# First time cooking Rabbit...need AMAZING recipe!!!



## nstone630 (Jul 10, 2013)

ok....so my kids aren't all that excited about eating these cute cuddly little animals.  SOOOO....I need to make sure I cook it the first time and it taste AMAZING!!!! I have to win the kids over the first time if I'm EVER going to get them to even try it again. 

ANY IDEAS?????


----------



## elevan (Jul 10, 2013)

My favorite and easy way to cook rabbit is to put it into the crock pot for the day.  Then I'll pull the meat off and add BBQ sauce and have pulled rabbit sandwiches.


----------



## nstone630 (Jul 10, 2013)

YUMMY. and our kids LOVE BBQ. I'll run that by the hubby


----------



## nawma (Jul 10, 2013)

I make rabbit and dumplins that are a huge hit. Also love rabbit enchiladas and rabbit stew. Let your rabbit sit in fridge for 24 hours after harvest before you cook it. Gets you past the rigor stage in the meat and makes it much more tender.


----------



## nstone630 (Jul 10, 2013)

oh man. that sounds yummy too. 

Should I let it sit in lets say salt water? or milk in the fridge?

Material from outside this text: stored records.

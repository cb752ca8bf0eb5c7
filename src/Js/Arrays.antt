-- ===== src/Js/Arrays.antt =====
-- Arrays of identifiers under the Array methods that the stores use.
use papercrate.Base.{
  suc, ◌≡◌, refl, ap, String, true, false, not, List, [], ◌∷◌, ◌++◌, arith, filter, contains,
  length, eq_iff,
}
use papercrate.Js.{
  starts_with_object, from_texts, items_append, items_without, items_same, count_items, object_is,
}

pub from_texts_plain : (ids : List String) → starts_with_object (from_texts ids) ≡ false
unfolding from_texts starts_with_object
from_texts_plain [] = refl
from_texts_plain (id ∷ ids) = refl

pub items_append-from_texts :
    (xs ids : List String) → items_append (from_texts xs) ids ≡ from_texts (xs ++ ids)
unfolding items_append from_texts
items_append-from_texts [] ids = refl
items_append-from_texts (x ∷ xs) ids = cc (items_append-from_texts xs ids)

pub items_without-from_texts :
    (ids xs : List String)
    → items_without ids (from_texts xs) ≡ from_texts (filter (λ x. not (contains x ids)) xs)
unfolding items_without from_texts
items_without-from_texts ids [] = refl
items_without-from_texts ids (x ∷ xs) = ground (arith, items_without-from_texts ids xs)

pub count_items-from_texts : (xs : List String) → count_items (from_texts xs) ≡ length xs
unfolding count_items from_texts
count_items-from_texts [] = refl
count_items-from_texts (x ∷ xs) = ap suc (count_items-from_texts xs)

-- Two such arrays that agree in length and at each index are the same.
pub items_same→eq :
    (xs ys : List String) → items_same (from_texts xs) (from_texts ys) ≡ true → xs ≡ ys
unfolding items_same from_texts object_is
items_same→eq [] [] h = refl
items_same→eq (x ∷ xs) (y ∷ ys) h =
    cc ((eq_iff x y).0 (ground arith), items_same→eq xs ys (ground arith))
items_same→eq [] (y ∷ ys) h = absurd (cc h)
items_same→eq (x ∷ xs) [] h = absurd (cc h)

we process our deer meat and we usually soak that in milk in the fridge for a night. Fish we soak in salt water...but this is our first go round with Rabbit...any tips on that?

And what about cooking it whole? Frying it?


----------



## nawma (Jul 10, 2013)

Rabbit meat is not gamey so I would not bother with the milk. Brine is recommended in some cookbooks but I belive most people here agree with me that brining is not necessary. As long as it rests for about 24 hours your meat will be tender. I cook my rabbits whole for all recipes except frying in which case I cut it up to make frying easier. It is also very tasty on the grill with whatever sauce you like. I cut mine up for grilling.
Ts


----------



## elevan (Jul 10, 2013)

Brining isn't needed for rabbit.


----------



## nstone630 (Jul 11, 2013)

Well we slaughtered our first one last night. The process was pretty easy. My husband did it, as he is much more talented in skinning an animal. We are avid hunters, but he does most of the "dirty work". It was a very clean process as well, only took about 5 minutes to skin the rabbit and a few to cut it up and get it resting for awhile. Very simple, and even the kids were involved, and didn't mind the sight. 

I think we will fry it. But, now they are 11 weeks old. And I found that there is not much meat on them at all. Their fur is quite decieving. 

Any tips on plumping these little suckers up? We have a household of 6, 4 of them growing kids and if this is the size they will be, it will take 3 rabbits a night to feed us all.


----------



## VickieB (Jul 11, 2013)

nstone, how much did your bunny weigh at dispatch date?


----------



## nmred (Jul 12, 2013)

To help my family get over the "but they're so cute" factor, we ground the meat from the first several rabbits we butchered (that way you can't tell what it is ). Use like you would ground turkey or chicken.  Makes great burgers!  After you get to like the taste, it doesn't matter what "form" it's in.


----------



## Beachbunny (Jul 13, 2013)

N stone...what kind of bunnies have you got...my American chinchillas at 12 weeks usually dress out at about 2.75 lbs on average..the breed you have may be a smaller bun...


----------



## OneFineAcre (Jul 13, 2013)

The most famous rabbit recipe is Hasenpfeffer.

For many years Elmer Fudd wanted to make this dish with Bugs Bunny.

You can google and find a recipe.

It is very good.  It is a German Rabbit Stew.


----------



## twg.jenn (Jul 15, 2013)

With our wild rabbits we made a rabbit n dumplings. Depending on how much you want to make, increse or decrease the ingredient quantities.

30oz Chicken broth
30oz Water
6 Celery sticks
1 Onion (medium)
2 1/2 lbs Rabbit meat
Cajun spice
1 pack Refrigerator biscuits

We start the broth out on medium. 
Cut the celery and onions up (I cut the onions up extremely fine since my old man doesn't like the taste). 
Add the vegetables and rabbit meat. 
Start to Cajun it up! We like it spicy, but go at your own pace.
Leave on medium to medium-low for 4hours. 
Pull the meat out and strip it from the bones.
Toss the meat back in. Now is when you can either turn it on low and let it simmer a little longer before supper time or go ahead and turn it on high to cook your dumplings.

Dumplings: Take the biscuits out of package. If you want LARGE dumplings, roll whole into a ball. If you want MEDIUM dumplings, cut in half then roll into a ball. If you want SMALL dumplings, cut into four pieces.
Throw them on top of the soup and let them soak up the juice. 

Enjoy!!


----------



## nstone630 (Jul 15, 2013)

So this past Friday we cooked out first. it was GREAT!!! Even the kids loved it. That was my fear. 

We cooked it in the crock pot for while to get the meat good and done, then battered it and fried it. was really good. I will add a bit more seasoning to the batter next time...they are pretty bland. 


I'm going to try all these wonderful recipes everyone is sharing, they all sound so yummy.

I have New Zealands...and they just seem tiny. I'm going to be supplementing to beef them up some.


----------